## What you need to do
This exercise calls for a copy of every line in the listing below that carries the word "IpAddr".

*** Information ***

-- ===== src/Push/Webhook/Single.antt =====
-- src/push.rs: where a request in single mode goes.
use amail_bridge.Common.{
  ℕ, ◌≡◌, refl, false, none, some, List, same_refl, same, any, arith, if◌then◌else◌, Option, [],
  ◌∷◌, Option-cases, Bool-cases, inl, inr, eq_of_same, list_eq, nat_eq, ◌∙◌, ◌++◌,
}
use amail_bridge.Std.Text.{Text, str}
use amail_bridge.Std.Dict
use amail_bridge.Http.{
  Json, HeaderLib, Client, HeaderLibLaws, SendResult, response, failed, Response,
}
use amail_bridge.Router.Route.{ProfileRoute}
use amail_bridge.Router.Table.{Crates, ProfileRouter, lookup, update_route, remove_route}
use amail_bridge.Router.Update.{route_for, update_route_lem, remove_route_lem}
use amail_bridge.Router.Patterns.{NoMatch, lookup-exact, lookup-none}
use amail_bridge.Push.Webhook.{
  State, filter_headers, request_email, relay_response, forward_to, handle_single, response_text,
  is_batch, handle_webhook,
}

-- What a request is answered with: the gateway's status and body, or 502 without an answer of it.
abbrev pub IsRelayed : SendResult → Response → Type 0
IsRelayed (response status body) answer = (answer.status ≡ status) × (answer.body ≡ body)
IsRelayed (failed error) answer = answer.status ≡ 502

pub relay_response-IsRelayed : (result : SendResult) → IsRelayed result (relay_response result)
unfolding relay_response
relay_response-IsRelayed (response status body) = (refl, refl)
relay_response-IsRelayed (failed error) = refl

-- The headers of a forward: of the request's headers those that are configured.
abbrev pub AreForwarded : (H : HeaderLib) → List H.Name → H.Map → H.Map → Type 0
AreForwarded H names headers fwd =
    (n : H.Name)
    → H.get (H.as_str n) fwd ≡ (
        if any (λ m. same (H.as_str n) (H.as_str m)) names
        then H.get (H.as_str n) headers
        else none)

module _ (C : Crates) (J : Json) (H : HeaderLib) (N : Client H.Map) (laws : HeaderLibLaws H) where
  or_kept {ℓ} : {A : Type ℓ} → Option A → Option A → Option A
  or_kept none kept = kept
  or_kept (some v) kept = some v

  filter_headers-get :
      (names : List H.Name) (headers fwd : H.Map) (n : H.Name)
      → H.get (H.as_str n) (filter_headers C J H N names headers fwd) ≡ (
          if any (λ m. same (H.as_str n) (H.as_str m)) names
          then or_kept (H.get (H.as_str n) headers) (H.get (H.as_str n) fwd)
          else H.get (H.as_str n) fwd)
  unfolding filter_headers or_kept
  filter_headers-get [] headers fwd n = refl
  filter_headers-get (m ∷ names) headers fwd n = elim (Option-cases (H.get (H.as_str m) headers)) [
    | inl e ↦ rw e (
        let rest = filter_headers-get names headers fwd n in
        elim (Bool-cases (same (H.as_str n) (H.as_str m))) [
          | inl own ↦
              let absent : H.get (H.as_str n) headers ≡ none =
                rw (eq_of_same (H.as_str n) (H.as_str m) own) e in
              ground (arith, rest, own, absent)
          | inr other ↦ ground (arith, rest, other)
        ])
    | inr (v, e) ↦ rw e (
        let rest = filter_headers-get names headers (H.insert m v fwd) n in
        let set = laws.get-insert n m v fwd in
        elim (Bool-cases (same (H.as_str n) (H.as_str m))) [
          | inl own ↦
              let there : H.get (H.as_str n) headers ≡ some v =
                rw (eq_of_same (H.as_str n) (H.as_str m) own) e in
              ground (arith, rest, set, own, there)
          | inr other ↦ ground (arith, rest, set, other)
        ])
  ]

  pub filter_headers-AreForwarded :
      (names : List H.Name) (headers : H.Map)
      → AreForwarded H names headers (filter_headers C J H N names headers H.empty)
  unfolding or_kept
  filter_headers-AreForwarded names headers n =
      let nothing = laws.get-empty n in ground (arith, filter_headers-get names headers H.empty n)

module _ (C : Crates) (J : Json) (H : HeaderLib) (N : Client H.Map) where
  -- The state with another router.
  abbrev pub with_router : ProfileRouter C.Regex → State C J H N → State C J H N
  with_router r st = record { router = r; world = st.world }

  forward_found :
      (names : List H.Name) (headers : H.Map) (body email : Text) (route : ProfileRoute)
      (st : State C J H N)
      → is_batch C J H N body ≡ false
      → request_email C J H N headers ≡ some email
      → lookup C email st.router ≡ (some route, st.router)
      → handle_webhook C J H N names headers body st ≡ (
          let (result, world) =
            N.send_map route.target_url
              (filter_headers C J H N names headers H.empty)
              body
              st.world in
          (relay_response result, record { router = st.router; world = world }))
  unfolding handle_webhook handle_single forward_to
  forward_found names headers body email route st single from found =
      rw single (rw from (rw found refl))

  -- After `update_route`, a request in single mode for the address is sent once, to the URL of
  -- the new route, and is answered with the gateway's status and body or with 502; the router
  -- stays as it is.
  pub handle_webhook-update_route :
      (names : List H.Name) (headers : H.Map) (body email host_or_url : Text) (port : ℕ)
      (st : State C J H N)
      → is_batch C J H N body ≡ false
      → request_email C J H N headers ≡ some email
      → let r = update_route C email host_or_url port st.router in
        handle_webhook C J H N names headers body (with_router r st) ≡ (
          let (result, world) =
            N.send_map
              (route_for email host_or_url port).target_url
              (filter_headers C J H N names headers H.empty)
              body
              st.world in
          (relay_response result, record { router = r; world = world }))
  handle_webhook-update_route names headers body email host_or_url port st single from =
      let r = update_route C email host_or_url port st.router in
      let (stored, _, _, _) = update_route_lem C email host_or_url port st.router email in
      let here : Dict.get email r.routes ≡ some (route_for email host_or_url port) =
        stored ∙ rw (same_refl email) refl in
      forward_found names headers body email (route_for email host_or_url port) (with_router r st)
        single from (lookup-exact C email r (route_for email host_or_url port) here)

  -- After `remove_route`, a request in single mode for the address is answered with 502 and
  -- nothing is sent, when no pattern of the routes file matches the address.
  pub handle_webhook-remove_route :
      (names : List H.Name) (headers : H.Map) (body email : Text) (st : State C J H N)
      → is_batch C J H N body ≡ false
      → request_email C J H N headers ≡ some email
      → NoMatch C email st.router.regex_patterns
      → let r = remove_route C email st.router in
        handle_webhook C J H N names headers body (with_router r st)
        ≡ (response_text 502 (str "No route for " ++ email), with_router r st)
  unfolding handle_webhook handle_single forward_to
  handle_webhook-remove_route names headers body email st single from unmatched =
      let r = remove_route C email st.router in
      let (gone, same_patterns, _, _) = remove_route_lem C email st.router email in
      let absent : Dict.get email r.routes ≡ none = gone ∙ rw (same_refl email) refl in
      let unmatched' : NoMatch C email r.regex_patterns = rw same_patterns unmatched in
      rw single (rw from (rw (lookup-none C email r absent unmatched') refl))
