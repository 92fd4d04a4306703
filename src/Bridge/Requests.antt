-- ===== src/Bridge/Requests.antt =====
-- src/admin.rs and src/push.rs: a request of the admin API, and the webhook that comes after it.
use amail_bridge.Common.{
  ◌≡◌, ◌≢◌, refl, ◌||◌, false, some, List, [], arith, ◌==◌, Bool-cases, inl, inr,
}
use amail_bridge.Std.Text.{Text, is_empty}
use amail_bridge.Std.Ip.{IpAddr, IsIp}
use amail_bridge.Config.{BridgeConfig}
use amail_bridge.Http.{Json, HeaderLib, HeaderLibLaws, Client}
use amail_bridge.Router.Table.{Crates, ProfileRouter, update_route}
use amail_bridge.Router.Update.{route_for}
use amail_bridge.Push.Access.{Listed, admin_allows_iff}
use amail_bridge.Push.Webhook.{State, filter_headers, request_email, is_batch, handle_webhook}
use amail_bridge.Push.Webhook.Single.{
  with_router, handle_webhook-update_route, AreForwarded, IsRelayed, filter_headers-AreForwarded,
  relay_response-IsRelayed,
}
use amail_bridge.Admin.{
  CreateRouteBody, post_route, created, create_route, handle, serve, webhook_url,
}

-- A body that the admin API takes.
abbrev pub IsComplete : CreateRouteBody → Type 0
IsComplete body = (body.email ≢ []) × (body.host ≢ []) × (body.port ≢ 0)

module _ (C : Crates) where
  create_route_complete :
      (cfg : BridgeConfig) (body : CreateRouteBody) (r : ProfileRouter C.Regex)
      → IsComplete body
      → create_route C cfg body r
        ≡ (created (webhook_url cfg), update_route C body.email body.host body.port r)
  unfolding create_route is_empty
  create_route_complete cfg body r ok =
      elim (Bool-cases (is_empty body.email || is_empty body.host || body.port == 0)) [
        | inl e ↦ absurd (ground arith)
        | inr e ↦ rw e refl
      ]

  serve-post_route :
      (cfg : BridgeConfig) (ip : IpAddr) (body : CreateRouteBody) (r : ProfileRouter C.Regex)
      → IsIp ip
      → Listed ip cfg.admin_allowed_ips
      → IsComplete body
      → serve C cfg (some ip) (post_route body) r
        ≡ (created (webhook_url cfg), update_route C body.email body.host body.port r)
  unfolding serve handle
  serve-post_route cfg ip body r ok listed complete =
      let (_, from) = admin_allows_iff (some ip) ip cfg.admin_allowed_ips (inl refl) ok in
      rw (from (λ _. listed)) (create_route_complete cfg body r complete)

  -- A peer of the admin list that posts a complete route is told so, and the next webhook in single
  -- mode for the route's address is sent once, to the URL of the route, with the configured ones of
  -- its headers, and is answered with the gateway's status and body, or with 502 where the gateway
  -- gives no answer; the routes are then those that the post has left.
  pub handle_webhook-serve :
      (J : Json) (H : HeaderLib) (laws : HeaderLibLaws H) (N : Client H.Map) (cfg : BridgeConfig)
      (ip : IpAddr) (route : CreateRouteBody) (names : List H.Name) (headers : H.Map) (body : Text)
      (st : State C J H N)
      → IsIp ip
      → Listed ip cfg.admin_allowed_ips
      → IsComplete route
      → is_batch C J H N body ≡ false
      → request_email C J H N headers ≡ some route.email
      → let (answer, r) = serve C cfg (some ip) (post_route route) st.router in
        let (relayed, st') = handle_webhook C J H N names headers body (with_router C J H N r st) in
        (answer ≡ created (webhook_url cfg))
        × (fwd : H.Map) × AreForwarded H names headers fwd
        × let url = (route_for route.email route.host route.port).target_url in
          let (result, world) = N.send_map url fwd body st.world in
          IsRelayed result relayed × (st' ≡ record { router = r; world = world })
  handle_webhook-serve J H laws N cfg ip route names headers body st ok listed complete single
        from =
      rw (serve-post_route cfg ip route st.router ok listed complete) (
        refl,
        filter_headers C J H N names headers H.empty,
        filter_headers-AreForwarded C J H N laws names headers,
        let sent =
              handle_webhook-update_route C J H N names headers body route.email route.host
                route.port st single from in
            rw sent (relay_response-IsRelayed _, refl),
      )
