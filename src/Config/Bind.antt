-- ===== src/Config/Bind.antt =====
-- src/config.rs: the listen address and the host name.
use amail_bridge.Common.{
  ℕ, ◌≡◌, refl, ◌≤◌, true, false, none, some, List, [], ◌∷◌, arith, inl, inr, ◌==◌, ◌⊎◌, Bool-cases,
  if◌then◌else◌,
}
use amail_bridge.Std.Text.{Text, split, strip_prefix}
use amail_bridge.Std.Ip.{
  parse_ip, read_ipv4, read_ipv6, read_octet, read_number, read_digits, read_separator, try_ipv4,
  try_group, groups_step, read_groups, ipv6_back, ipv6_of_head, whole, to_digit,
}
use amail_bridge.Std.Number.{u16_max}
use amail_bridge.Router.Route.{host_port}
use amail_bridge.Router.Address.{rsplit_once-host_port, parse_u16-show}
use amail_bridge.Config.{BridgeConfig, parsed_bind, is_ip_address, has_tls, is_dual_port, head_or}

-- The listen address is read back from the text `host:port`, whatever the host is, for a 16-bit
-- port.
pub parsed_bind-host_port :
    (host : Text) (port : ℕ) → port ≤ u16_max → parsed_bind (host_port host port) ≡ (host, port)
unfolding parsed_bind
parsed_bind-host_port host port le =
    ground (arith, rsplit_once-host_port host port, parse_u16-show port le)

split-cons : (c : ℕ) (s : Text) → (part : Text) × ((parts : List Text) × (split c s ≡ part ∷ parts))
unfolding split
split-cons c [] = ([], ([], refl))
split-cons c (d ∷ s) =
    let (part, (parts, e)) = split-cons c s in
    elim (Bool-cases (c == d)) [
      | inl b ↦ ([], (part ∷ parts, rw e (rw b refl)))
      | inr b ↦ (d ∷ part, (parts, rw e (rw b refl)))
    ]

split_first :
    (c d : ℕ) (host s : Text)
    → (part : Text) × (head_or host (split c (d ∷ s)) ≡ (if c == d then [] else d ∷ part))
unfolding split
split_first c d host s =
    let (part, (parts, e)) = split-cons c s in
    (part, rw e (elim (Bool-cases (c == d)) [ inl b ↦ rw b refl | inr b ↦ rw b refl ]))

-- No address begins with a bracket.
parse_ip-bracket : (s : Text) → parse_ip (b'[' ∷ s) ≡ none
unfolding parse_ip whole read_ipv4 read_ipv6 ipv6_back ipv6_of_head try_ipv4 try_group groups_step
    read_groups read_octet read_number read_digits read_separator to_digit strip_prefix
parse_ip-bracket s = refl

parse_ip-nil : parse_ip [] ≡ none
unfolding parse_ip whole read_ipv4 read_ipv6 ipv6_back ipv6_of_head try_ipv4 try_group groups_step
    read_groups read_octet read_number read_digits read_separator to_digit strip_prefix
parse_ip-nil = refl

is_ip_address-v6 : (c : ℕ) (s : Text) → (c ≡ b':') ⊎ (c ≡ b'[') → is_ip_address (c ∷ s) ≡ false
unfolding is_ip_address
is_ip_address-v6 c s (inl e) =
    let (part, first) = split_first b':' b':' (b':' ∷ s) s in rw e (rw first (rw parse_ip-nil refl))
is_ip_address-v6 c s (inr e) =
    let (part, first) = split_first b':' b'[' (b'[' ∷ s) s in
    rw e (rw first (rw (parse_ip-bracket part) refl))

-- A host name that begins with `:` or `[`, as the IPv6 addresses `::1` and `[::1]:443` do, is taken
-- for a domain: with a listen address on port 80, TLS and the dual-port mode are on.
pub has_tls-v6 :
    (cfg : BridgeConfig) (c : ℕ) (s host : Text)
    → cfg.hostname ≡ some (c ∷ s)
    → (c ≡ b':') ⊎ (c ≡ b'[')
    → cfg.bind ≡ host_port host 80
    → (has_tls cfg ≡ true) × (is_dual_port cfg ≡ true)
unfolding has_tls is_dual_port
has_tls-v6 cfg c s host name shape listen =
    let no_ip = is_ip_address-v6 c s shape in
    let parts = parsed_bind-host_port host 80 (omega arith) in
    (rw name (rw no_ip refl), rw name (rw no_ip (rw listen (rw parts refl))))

*** End of Information ***

## Task result
use amail_bridge.Std.Ip.{IpAddr, IsIp}
      (cfg : BridgeConfig) (ip : IpAddr) (body : CreateRouteBody) (r : ProfileRouter C.Regex)
      (ip : IpAddr) (route : CreateRouteBody) (names : List H.Name) (headers : H.Map) (body : Text)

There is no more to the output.